The original case report was accompanied by three letters written by the patient’s brother-in-law Dr Seaman, updating Dr Rutherford on the patient’s condition. On July 30th, Dr Seaman writes:

My brother-in-law, Edward Thomas, the boat captain whose head was so seriously injured by a bridge with so much loss of the bony structure, which was dressed by you on the morning of the 23rd inst., near Harrisburg, requests me to write to you, and inform you that he is still living, and in full possession of all his mental faculties.

The patient had an excellent appetite, and his symptoms were relatively trivial.

Complains of some dull pain in the head, helps himself up with ease, but when he starts up suddenly, as he sometimes does, from sleep, there will take place immediately considerable haemorrhage from the wound. On the whole he is very comfortable and hopes are beginning to be entertained by his friends of his ultimate recovery.

Five days later came this update:

This is the thirteenth day since he received the injury, and strange as it may seem he is doing well. During the first ten days succeeding the wound, there was considerable and frequent returns of haemorrhage from it, which would occur on almost every effort to sit up or even turn over in bed, but was readily arrested, in most instances, by the more frequent application of ice water. Since suppuration has commenced the bleeding has ceased.
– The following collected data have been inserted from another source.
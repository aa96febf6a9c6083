-- ===== src/Shm/Channel/Moves.antt =====
-- How the steps of a process keep what the one that is inside may rely on.
use mathlib.Core.List.{append-nil}
use native.Mathlib.Numerals.{add-one}
use libcando.Base.{
  ℕ, zero, suc, ◌+◌, ◌*◌, ◌<◌, ◌≡◌, refl, sym, ap, inl, inr, arith, false, Bool-cases, List, [],
  ◌∷◌, ◌++◌, length, get_or, take, ◌==◌, if◌then◌else◌,
}
use libcando.Futex.{locked, unlocked}
use libcando.Shm.Transfer.Calls.{rounds}
use libcando.Shm.Channel.{
  Use, Message, Shared, Pc, want_wr, Move, write, lock_wr, give_up_wr, store, end_store, unlock_rd,
  read, lock_rd, give_up_rd, load, clear, end_load, unlock_wr, attach, store_int, clear_int,
}
use libcando.Shm.Channel.Inside.{
  is_inside, From, UpTo, none, one, Quiet, empty, full, stuck, Both, Holds,
}

take-suc :
    (i : ℕ) (xs : List ℕ) → i < length xs → take (suc i) xs ≡ take i xs ++ (get_or xs i 0 ∷ [])
take-suc i [] h = absurd (omega arith)
take-suc zero (x ∷ xs) h = refl
take-suc (suc i) (x ∷ xs) h = ap (λ l. x ∷ l) (take-suc i xs (omega arith))

take-all : (i : ℕ) (xs : List ℕ) → length xs ≡ i → take i xs ≡ xs
take-all zero [] h = refl
take-all zero (x ∷ xs) h = absurd (omega arith)
take-all (suc i) [] h = refl
take-all (suc i) (x ∷ xs) h = ap (λ l. x ∷ l) (take-all i xs (omega arith))

module _ (u : Use) where
  -- A message that waits for its lock has the size of the call.
  abbrev pub Sized : Pc → Type 0
  Sized (want_wr msg) = length msg ≡ rounds u.size
  Sized p = Unit {0}

  pub Move-Sized :
      {m m' : Shared} {p p' : Pc} {js ks : List Message} → Move u m p m' p' js ks → Sized p'
  Move-Sized (write msg e) = e
  Move-Sized mv = tt

  UpTo-store :
      (i : ℕ) (msg : Message) (m : Shared)
      → UpTo u i msg m
      → UpTo u (i + 1) msg (store_int m (4 * i) (get_or msg i 0))
  UpTo-store i msg m h j lt = elim (Bool-cases (i == j)) [
    | inl same ↦ let e : i ≡ j = ground arith in ground (arith, e)
    | inr other ↦ ground (arith, h j)
  ]

  From-clear :
      (i : ℕ) (msg : Message) (m : Shared)
      → From u i msg m
      → From u (i + 1) msg (clear_int m (4 * i))
  From-clear i msg m h j le lt = ground (arith, h j)

  free_wr :
      {m : Shared} {ws rs : List Message}
      → Quiet u m ws rs
      → m.wr_fux ≡ unlocked
      → (m.rd_fux ≡ locked) × (ws ≡ rs)
  free_wr (empty w r e) f = (r, e)
  free_wr (full msg w r e l c) f = absurd (omega (arith, w, f))
  free_wr (stuck w r b) f = absurd (omega (arith, w, f))

  -- A message waits to be read.
  abbrev Waits : Shared → List Message → List Message → Type 0
  Waits m ws rs =
      (msg : Message) × (ws ≡ rs ++ (msg ∷ [])) × (length msg ≡ rounds u.size) × From u 0 msg m

  free_rd :
      {m : Shared} {ws rs : List Message}
      → Quiet u m ws rs
      → m.rd_fux ≡ unlocked
      → (m.wr_fux ≡ locked) × Waits m ws rs
  free_rd (empty w r e) f = absurd (omega (arith, r, f))
  free_rd (full msg w r e l c) f = (w, (msg, e, l, c))
  free_rd (stuck w r b) f = absurd (omega (arith, r, f))

  attached :
      {m : Shared} {ws rs : List Message}
      → Quiet u m ws rs
      → Quiet u (record m { rd_fux = if m.rd_fux == unlocked then locked else m.rd_fux }) ws rs
  attached (empty w r e) = empty w (rw r refl) e
  attached (full msg w r e l c) = stuck w (rw r refl) (one msg e)
  attached (stuck w r b) = stuck w (rw r refl) b

  pub kept :
      (m : Shared) (p : Pc) (ws rs : List Message)
      → Holds u m ws rs p
      → Holds u m (ws ++ []) (rs ++ []) p
  kept m p ws rs h = rw (append-nil ws, append-nil rs) h

  -- The one process that may be inside makes a step.
  pub Move-Holds :
      {m m' : Shared} {p p' : Pc} {js ks : List Message} (ws rs : List Message)
      → Move u m p m' p' js ks
      → Sized p
      → Holds u m ws rs p
      → Holds u m' (ws ++ js) (rs ++ ks) p'
  unfolding Holds rounds
  Move-Holds {m} {p'} ws rs (write msg e) z h = kept m p' ws rs h
  Move-Holds {m'} {p'} ws rs (lock_wr {msg} e) z h =
      let (locks, eq) = free_wr h e in
      kept m' p' ws rs ((refl, locks), eq, z, omega arith, λ j lt. absurd (omega arith))
  Move-Holds {m'} {p'} ws rs (give_up_wr g e) z h =
      let (locks, eq) = free_wr h e in kept m' p' ws rs (stuck refl locks (none eq))
  Move-Holds {m} {m'} {p'} ws rs (store {i} {msg} lt fits) z (both, eq, len, le, up) =
      kept m' p' ws rs (both, eq, len, omega arith, UpTo-store i msg m up)
  Move-Holds {m'} {p'} ws rs (end_store {i} {msg} le) z (both, eq, len, le', up) =
      kept m' p' ws rs (both, eq, len, λ j lt. up j (omega arith))
  Move-Holds ws rs (unlock_rd {msg}) z (both, eq, len, up) =
      rw (append-nil rs) (full msg both.0 refl (ap (λ l. l ++ (msg ∷ [])) eq) len (λ j a b. up j b))
  Move-Holds {m'} {p'} ws rs read z h = kept m' p' ws rs h
  Move-Holds {m'} {p'} ws rs (lock_rd e) z h =
      let (locks, (msg, eq, len, from)) = free_rd h e in
      kept m' p' ws rs ((locks, refl), (msg, eq, len, omega arith, from, refl))
  Move-Holds {m'} {p'} ws rs (give_up_rd g e) z h =
      let (locks, (msg, eq, len, from)) = free_rd h e in
      kept m' p' ws rs (stuck locks refl (one msg eq))
  Move-Holds {m} {m'} {p'} ws rs (load {i} {got} lt fits) z (both, (msg, eq, len, le, from, e)) =
      kept m' p' ws rs (
        both,
        (
          msg,
          eq,
          len,
          omega arith,
          from,
          rw (e, from i (omega arith) (omega arith)) (sym (take-suc i msg (omega arith))),
        ),
      )
  Move-Holds {m} {m'} {p'} ws rs (clear {i} {got}) z (both, (msg, eq, len, le, from, e)) =
      kept m' p' ws rs
        (both, (msg, eq, len, omega arith, From-clear i msg m from, rw (add-one i) e))
  Move-Holds {m'} {p'} ws rs (end_load {i} {got} le) z (both, (msg, eq, len, le', from, e)) =
      kept m' p' ws rs (both, rw (e, take-all i msg (omega arith)) eq)
  Move-Holds ws rs (unlock_wr {got}) z (both, eq) = rw (append-nil ws) (empty refl both.1 eq)
  Move-Holds {m'} {p'} ws rs (attach g) z h = kept m' p' ws rs (attached h)

  -- A process outside cannot get in while both locks are taken.
  pub blocked :
      {m m' : Shared} {p p' : Pc} {js ks : List Message}
      → Move u m p m' p' js ks
      → is_inside p ≡ false
      → Both u m
      → (m' ≡ m) × (is_inside p' ≡ false) × (js ≡ []) × (ks ≡ [])
  blocked (write msg e) o b = (refl, refl, refl, refl)
  blocked (lock_wr e) o b = absurd (omega arith)
  blocked (give_up_wr g e) o b = absurd (omega arith)
  blocked read o b = (refl, refl, refl, refl)
  blocked (lock_rd e) o b = absurd (omega arith)
  blocked (give_up_rd g e) o b = absurd (omega arith)
  blocked {m} (attach g) o b = (ap (λ v. record m { rd_fux = v }) (ground arith), refl, refl, refl)
  blocked mv o b = absurd (cc o)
A week after the accident, Dr Seaman removed the surgical dressing. He had a shock.

The edges of the wound were widely parted, the scalp hanging in a fold over the ear, leaving a portion of the surface of the brain the length of the wound and one and one-half inch wide exposed to view.

The horror. The good doctor realised that he could not leave the patient in this situation, so he shaved the rest of the scalp and managed to bring the edges of the wound together using adhesive straps and a bandage.

Despite the upbeat tone of the letters, there is no doubt that the patient’s life hung in the balance. With nothing but skin protecting his brain, an otherwise trivial accident might have been fatal, and infection might have set in at any time.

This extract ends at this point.